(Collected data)

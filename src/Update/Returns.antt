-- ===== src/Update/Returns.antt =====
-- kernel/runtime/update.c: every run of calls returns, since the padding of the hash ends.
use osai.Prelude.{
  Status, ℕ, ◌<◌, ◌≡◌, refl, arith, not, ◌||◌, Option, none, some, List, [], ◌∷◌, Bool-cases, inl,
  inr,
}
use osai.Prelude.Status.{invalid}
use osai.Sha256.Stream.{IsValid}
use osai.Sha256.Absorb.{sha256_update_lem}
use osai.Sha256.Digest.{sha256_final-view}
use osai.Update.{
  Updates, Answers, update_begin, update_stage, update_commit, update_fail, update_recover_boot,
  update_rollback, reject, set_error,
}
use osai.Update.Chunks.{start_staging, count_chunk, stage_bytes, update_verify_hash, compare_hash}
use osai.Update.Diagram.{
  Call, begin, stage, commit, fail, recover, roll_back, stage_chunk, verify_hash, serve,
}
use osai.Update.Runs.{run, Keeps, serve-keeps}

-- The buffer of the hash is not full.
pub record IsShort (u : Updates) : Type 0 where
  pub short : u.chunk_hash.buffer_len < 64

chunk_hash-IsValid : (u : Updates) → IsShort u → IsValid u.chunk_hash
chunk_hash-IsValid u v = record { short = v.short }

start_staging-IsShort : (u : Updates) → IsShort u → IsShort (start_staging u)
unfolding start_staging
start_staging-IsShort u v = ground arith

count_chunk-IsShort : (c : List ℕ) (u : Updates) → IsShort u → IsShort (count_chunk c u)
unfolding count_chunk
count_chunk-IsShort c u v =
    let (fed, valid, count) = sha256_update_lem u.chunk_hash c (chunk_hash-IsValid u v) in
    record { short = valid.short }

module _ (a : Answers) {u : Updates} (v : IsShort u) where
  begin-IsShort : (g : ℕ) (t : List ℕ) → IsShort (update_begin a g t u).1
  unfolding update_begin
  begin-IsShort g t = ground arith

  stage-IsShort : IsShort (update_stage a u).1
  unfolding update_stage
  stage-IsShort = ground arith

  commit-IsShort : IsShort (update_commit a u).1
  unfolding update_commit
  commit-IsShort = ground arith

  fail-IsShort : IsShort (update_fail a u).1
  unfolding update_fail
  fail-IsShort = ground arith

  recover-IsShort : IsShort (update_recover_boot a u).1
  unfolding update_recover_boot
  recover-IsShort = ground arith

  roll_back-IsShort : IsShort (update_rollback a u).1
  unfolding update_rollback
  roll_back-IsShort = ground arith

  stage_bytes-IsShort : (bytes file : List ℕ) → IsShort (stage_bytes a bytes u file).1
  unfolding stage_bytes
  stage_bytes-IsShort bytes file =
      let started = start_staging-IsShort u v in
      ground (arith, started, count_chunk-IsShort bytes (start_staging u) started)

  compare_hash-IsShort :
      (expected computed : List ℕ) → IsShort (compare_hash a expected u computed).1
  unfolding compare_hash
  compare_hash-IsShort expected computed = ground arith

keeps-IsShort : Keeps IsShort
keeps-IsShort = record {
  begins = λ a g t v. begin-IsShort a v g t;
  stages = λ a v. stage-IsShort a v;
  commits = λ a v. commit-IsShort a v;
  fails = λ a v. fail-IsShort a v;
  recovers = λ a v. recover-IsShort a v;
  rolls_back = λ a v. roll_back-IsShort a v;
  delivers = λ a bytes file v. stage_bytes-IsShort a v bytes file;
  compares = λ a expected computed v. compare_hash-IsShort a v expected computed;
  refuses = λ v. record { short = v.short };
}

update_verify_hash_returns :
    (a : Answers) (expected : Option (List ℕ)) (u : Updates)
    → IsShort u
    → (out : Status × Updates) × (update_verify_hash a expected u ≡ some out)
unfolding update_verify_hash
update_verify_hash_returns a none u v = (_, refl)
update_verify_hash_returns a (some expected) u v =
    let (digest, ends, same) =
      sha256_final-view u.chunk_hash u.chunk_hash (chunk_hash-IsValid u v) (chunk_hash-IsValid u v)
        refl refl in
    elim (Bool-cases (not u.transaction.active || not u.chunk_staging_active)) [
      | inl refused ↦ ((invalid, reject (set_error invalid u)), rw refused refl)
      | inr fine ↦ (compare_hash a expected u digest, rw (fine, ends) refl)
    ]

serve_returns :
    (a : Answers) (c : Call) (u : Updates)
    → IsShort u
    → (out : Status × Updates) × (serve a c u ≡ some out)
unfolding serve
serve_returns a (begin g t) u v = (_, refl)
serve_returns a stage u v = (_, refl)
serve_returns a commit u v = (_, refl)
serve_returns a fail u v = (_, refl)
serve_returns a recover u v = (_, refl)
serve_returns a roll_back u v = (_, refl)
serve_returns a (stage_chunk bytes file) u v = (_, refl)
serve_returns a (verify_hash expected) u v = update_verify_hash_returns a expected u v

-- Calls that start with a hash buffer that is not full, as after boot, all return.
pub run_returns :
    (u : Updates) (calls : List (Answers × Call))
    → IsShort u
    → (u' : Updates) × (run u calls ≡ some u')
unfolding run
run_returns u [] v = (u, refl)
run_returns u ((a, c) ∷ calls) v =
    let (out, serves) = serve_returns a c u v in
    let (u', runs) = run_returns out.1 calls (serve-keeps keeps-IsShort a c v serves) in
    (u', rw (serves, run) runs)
...
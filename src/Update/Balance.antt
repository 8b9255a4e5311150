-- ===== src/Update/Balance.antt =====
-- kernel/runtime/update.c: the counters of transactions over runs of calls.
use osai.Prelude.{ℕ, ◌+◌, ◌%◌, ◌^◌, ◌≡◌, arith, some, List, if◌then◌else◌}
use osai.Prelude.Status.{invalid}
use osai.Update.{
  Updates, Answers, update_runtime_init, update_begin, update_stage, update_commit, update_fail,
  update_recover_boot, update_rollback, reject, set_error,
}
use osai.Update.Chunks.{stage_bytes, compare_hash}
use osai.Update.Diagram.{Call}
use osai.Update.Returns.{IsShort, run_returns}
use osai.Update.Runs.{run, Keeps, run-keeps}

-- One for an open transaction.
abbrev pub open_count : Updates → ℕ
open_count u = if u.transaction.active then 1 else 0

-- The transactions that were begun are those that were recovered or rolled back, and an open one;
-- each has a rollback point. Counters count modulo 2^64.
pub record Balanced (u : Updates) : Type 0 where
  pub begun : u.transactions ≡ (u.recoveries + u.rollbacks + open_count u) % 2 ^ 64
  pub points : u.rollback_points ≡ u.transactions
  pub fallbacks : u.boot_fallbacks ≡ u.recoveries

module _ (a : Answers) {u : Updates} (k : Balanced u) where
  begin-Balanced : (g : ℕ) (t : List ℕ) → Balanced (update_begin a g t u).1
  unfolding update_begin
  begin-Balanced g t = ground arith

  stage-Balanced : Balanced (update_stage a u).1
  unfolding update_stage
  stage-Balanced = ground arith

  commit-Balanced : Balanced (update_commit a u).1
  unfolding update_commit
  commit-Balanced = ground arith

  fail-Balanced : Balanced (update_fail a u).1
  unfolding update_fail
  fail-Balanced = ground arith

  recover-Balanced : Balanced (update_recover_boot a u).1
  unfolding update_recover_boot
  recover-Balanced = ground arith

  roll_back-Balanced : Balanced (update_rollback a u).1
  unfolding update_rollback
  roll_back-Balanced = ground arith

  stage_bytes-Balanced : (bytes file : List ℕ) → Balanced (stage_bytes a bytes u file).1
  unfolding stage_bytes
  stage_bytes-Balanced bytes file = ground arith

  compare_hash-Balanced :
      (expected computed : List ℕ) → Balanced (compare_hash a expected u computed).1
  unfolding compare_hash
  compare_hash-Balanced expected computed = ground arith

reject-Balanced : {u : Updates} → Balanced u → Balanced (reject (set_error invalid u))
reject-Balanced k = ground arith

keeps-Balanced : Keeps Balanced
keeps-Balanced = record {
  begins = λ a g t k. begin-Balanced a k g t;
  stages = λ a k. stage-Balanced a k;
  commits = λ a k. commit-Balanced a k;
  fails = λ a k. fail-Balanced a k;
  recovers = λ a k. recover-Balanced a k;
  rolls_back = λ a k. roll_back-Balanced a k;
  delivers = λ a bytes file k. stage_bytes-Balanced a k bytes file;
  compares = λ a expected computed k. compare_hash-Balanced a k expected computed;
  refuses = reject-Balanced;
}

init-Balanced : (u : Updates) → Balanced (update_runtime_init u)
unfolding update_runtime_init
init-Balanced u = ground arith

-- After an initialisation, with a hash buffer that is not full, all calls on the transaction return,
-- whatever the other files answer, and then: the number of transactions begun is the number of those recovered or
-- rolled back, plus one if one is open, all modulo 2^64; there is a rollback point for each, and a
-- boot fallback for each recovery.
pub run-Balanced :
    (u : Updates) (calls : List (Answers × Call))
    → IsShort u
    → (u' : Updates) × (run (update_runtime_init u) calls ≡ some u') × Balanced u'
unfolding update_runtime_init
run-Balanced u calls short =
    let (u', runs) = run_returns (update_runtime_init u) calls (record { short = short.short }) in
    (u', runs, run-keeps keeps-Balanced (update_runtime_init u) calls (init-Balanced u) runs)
--
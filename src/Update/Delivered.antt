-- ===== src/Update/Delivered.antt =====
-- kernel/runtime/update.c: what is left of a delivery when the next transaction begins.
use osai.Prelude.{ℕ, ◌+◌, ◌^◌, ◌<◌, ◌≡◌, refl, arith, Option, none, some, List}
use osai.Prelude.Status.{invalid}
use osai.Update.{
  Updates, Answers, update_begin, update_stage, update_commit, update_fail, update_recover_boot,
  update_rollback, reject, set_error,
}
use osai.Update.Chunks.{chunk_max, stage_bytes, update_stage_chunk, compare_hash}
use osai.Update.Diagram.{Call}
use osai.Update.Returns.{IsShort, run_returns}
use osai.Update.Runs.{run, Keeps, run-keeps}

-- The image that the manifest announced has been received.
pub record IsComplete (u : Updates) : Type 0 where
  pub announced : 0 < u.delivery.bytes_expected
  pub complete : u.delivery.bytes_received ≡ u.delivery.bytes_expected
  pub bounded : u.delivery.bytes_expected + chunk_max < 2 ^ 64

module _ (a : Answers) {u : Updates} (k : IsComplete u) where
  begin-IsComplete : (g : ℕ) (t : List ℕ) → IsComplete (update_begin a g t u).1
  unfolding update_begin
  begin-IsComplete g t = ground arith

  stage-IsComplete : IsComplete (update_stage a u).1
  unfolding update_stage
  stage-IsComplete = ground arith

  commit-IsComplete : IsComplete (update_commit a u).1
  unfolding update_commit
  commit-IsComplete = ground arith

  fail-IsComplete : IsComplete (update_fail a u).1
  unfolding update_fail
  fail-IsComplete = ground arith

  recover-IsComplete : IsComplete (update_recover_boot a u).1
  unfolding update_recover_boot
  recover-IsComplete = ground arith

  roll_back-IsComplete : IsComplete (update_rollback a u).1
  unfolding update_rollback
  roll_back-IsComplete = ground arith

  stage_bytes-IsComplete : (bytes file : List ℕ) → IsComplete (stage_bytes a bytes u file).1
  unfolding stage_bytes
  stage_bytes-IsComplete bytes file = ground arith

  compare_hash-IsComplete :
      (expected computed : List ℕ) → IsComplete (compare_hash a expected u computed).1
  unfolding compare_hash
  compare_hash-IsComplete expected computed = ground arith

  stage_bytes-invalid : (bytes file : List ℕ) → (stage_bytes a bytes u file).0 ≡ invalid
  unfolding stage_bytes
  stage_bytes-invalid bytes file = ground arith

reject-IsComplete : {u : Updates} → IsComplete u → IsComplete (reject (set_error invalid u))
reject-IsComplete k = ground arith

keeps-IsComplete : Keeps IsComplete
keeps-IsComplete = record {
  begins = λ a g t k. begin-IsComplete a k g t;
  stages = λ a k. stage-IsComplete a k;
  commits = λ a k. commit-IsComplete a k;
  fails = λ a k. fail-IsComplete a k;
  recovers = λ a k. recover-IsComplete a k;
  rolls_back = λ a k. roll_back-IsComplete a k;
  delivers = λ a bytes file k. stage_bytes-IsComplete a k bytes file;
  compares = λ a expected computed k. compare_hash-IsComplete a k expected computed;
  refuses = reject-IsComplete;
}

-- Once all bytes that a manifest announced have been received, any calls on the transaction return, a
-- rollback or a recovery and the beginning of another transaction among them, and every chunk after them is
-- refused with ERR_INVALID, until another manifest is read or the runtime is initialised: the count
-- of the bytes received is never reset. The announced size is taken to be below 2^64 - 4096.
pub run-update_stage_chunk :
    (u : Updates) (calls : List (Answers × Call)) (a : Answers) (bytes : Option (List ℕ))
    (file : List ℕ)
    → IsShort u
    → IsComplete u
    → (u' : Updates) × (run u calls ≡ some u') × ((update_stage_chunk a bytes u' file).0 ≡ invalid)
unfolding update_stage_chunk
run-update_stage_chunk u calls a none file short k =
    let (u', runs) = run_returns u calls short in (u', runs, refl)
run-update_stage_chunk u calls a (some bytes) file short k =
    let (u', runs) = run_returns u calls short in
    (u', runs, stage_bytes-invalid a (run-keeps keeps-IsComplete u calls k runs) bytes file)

**YOUR GOAL**
Set down, from the entries above, exactly the lines from the one with "rw refused refl)" up to and including the one with "let (u', runs) = run_returns out.1", and no other lines.

**SOLUTION BELOW**
      | inl refused ↦ ((invalid, reject (set_error invalid u)), rw refused refl)
      | inr fine ↦ (compare_hash a expected u digest, rw (fine, ends) refl)
    ]

serve_returns :
    (a : Answers) (c : Call) (u : Updates)
    → IsShort u
    → (out : Status × Updates) × (serve a c u ≡ some out)
unfolding serve
serve_returns a (begin g t) u v = (_, refl)
serve_returns a stage u v = (_, refl)
serve_returns a commit u v = (_, refl)
serve_returns a fail u v = (_, refl)
serve_returns a recover u v = (_, refl)
serve_returns a roll_back u v = (_, refl)
serve_returns a (stage_chunk bytes file) u v = (_, refl)
serve_returns a (verify_hash expected) u v = update_verify_hash_returns a expected u v

-- Calls that start with a hash buffer that is not full, as after boot, all return.
pub run_returns :
    (u : Updates) (calls : List (Answers × Call))
    → IsShort u
    → (u' : Updates) × (run u calls ≡ some u')
unfolding run
run_returns u [] v = (u, refl)
run_returns u ((a, c) ∷ calls) v =
    let (out, serves) = serve_returns a c u v in
    let (u', runs) = run_returns out.1 calls (serve-keeps keeps-IsShort a c v serves) in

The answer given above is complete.